#### Instructions for the task
Both the line below containing "search (keeps, by_cursor-Keeps, add_context-Keeps)" and the line containing "id sequence update)", along with every line between them, should be repeated exactly; no other line belongs in the answer.

Start of Excerpted data

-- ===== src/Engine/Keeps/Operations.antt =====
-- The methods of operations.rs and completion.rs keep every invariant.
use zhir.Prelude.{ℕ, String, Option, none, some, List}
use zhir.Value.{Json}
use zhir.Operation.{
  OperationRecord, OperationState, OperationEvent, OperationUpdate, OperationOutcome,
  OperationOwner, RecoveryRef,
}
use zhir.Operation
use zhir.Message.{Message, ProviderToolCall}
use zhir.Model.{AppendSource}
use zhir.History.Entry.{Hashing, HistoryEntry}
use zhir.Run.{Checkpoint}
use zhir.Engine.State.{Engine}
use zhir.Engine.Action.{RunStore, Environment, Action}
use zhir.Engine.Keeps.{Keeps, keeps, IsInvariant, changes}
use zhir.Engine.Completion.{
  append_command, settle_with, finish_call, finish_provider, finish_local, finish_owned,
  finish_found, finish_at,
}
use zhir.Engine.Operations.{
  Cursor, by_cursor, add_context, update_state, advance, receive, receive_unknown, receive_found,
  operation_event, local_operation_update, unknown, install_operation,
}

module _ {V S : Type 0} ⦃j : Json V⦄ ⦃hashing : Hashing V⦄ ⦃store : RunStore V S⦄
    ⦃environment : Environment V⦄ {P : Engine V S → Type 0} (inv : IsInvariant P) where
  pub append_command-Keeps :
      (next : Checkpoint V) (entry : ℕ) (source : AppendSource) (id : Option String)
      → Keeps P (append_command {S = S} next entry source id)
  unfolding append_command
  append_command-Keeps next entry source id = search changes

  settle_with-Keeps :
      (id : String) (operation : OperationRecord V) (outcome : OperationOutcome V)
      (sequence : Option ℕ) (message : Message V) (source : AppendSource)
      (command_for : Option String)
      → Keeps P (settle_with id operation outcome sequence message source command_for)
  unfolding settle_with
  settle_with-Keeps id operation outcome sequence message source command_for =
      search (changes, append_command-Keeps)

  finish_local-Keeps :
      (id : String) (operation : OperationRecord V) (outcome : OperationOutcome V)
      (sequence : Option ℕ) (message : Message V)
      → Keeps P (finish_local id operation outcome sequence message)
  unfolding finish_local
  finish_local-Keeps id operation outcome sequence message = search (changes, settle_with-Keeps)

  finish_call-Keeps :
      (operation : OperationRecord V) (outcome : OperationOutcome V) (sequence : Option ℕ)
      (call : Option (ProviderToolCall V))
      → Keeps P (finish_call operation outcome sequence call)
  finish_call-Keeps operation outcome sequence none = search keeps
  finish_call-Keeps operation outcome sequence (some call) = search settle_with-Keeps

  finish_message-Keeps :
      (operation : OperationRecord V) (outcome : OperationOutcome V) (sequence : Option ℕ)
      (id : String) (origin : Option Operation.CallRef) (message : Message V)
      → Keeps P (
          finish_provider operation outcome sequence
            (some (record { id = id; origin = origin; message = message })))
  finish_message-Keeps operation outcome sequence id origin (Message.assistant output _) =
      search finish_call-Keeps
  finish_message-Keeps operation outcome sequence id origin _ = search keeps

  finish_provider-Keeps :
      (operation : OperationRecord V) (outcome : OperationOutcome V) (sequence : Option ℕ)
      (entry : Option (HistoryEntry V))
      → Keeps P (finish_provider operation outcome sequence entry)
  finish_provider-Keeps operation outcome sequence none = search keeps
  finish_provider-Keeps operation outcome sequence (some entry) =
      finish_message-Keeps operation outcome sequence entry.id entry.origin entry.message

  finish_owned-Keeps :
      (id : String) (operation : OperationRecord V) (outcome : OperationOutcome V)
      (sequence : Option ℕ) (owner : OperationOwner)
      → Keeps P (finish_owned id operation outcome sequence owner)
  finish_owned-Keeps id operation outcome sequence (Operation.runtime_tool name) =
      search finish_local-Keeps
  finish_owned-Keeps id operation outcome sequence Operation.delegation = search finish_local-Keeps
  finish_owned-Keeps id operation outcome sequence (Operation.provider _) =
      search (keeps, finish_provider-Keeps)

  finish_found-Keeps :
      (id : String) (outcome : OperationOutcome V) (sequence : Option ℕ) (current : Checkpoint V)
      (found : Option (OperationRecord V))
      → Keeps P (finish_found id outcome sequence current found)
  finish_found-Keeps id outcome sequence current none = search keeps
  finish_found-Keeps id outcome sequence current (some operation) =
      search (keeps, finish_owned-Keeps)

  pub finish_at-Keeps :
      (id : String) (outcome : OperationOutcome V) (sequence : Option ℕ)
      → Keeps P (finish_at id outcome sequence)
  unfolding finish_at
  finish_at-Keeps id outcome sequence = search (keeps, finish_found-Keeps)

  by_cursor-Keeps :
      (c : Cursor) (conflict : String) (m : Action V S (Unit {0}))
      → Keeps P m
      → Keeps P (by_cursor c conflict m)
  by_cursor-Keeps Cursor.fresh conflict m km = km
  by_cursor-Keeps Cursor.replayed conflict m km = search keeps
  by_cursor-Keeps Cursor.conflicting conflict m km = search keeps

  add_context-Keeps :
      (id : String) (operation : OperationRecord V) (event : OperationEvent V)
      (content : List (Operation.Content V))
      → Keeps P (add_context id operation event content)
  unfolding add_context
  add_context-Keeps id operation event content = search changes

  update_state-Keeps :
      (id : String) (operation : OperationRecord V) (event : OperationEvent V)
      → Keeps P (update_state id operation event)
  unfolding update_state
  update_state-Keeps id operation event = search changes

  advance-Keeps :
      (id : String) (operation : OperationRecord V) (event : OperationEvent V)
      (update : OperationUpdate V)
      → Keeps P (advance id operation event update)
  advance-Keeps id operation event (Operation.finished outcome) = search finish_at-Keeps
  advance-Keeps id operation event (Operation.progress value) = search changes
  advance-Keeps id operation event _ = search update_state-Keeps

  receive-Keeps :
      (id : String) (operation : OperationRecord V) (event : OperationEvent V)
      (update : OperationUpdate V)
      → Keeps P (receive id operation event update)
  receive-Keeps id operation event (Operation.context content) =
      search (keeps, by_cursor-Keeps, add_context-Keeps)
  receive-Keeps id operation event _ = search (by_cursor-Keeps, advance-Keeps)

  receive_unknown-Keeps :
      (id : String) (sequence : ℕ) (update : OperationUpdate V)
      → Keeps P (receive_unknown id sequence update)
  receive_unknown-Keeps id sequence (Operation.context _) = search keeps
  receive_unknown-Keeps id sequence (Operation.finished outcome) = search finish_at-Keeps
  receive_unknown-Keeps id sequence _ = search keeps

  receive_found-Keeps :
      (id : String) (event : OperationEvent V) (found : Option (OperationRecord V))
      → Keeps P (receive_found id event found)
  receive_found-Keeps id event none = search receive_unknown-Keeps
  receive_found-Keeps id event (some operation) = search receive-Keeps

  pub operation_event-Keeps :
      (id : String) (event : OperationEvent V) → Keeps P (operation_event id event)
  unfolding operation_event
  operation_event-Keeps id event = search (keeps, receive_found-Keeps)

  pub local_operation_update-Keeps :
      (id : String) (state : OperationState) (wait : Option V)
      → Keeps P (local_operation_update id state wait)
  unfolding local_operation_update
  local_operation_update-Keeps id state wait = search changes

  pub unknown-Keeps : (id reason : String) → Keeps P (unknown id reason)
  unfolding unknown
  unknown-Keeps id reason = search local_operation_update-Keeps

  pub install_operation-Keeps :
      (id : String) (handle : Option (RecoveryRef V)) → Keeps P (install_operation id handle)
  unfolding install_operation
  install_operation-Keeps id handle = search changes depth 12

End of Excerpted data
Start of Excerpted data

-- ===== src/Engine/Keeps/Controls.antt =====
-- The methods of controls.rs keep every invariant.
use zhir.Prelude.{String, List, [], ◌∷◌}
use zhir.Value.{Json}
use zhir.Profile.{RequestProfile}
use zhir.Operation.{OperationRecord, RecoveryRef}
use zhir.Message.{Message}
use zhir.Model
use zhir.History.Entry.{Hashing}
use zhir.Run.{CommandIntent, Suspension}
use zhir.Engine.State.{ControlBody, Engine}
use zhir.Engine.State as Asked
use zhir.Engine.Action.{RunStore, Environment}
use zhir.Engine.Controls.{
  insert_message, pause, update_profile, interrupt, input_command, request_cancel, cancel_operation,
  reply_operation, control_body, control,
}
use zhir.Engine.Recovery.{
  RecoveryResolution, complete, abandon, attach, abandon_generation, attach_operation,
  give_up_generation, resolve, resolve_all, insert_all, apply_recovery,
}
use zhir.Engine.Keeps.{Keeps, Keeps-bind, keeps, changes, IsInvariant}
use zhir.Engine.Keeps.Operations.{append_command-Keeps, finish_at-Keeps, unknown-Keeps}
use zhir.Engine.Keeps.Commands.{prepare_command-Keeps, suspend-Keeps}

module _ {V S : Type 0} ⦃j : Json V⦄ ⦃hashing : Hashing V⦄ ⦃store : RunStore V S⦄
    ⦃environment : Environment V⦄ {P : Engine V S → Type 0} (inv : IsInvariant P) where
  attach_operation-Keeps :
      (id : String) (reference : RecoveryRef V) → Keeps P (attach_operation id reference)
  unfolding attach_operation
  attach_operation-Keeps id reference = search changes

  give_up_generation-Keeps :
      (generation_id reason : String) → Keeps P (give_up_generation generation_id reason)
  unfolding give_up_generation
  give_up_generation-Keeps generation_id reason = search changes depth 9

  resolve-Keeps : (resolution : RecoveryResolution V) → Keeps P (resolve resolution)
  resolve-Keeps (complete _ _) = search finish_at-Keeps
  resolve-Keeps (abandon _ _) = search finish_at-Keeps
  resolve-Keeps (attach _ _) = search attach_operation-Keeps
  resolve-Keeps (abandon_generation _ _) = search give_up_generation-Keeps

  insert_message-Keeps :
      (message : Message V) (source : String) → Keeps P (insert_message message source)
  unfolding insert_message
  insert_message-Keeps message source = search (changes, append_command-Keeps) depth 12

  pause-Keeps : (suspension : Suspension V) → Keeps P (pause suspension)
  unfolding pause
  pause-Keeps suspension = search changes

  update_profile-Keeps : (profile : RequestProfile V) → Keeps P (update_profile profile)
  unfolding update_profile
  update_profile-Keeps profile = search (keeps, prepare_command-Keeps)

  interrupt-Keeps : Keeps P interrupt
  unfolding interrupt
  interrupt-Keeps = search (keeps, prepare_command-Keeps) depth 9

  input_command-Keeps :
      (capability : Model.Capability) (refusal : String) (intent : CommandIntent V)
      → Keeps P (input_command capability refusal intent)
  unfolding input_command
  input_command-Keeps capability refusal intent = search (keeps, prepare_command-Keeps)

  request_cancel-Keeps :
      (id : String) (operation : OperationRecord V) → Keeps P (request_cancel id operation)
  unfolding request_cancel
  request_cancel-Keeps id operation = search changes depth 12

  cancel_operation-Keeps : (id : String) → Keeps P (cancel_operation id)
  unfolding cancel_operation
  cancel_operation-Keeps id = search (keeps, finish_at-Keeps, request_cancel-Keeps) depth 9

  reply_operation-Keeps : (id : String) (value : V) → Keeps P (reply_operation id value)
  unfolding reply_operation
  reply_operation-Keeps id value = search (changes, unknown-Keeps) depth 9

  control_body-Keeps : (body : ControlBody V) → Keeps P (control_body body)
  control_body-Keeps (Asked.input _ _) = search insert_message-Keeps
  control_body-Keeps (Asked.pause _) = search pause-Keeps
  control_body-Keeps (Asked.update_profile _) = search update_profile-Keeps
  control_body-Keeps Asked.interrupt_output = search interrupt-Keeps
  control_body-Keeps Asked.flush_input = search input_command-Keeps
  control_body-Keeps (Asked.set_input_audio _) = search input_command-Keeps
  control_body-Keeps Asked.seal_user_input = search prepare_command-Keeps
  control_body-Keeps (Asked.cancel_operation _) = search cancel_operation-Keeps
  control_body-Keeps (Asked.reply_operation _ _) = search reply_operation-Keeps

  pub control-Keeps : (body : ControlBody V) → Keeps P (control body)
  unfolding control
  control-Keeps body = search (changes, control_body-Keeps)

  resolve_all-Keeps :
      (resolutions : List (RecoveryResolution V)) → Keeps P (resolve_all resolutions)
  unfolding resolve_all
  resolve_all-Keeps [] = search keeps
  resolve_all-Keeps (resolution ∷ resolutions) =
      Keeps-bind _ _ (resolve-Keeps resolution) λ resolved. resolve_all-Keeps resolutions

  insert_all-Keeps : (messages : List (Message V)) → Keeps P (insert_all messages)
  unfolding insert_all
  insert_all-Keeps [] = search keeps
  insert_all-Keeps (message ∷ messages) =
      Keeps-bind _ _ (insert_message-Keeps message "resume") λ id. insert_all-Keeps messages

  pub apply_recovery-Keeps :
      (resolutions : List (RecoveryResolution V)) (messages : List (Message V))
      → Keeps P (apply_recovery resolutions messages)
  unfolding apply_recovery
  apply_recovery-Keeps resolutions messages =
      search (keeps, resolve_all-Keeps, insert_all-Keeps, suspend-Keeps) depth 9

End of Excerpted data

#### Solution for this problem
      search (keeps, by_cursor-Keeps, add_context-Keeps)
  receive-Keeps id operation event _ = search (by_cursor-Keeps, advance-Keeps)

  receive_unknown-Keeps :
      (id : String) (sequence : ℕ) (update : OperationUpdate V)
      → Keeps P (receive_unknown id sequence update)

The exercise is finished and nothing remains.